### WHAT YOU SHOULD DO
In the records below, find each line with the word "antt" and copy it.

### RECORDS FOR PROCESSING
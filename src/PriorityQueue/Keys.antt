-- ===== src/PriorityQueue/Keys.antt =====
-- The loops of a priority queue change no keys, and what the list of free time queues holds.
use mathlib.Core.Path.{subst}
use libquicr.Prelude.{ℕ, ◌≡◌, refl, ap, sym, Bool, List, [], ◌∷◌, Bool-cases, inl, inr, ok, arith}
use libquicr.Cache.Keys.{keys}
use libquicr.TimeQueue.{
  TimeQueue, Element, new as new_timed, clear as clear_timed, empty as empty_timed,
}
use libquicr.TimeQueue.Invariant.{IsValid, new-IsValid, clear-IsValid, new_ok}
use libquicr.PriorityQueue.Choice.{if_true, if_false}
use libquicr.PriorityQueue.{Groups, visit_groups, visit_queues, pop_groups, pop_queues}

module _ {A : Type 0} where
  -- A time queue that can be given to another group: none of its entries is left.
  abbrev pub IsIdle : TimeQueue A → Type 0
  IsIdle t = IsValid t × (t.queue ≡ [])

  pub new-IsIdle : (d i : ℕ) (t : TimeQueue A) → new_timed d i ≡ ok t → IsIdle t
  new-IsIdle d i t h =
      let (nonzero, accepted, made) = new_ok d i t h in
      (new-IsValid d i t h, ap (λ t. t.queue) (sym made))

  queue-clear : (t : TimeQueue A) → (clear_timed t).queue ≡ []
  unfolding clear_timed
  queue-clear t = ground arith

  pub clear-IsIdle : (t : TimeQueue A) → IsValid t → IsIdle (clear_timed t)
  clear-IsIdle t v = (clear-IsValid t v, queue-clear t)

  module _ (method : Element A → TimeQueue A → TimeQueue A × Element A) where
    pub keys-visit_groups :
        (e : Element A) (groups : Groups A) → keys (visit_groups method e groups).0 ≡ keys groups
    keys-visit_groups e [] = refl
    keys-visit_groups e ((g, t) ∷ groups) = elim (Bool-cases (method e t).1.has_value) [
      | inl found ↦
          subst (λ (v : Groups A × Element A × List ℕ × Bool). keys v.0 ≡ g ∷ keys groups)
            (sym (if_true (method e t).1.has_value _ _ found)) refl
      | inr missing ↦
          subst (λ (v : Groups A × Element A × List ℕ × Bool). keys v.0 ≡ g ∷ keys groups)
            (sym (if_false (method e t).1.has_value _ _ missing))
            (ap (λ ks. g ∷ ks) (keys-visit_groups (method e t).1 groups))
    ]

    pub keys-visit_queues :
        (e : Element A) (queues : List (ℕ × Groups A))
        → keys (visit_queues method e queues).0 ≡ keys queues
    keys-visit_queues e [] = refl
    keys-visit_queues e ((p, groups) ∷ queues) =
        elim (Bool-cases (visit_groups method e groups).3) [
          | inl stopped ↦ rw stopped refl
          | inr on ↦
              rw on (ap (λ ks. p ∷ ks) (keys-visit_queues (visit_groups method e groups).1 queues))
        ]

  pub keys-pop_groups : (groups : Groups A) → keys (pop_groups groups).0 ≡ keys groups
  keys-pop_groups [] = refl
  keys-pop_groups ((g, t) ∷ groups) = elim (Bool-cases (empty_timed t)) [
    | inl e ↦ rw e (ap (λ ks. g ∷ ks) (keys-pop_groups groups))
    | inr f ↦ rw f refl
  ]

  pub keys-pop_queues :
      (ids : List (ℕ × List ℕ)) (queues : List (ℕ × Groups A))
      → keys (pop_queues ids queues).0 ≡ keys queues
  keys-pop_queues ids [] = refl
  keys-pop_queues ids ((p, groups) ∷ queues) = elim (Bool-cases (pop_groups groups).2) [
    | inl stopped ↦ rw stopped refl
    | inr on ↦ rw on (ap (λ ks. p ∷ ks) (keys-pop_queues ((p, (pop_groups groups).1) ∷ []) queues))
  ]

### EXERCISE OUTPUT
filename src/PriorityQueue/Keys.antt
-- ===== src/PriorityQueue/Keys.antt =====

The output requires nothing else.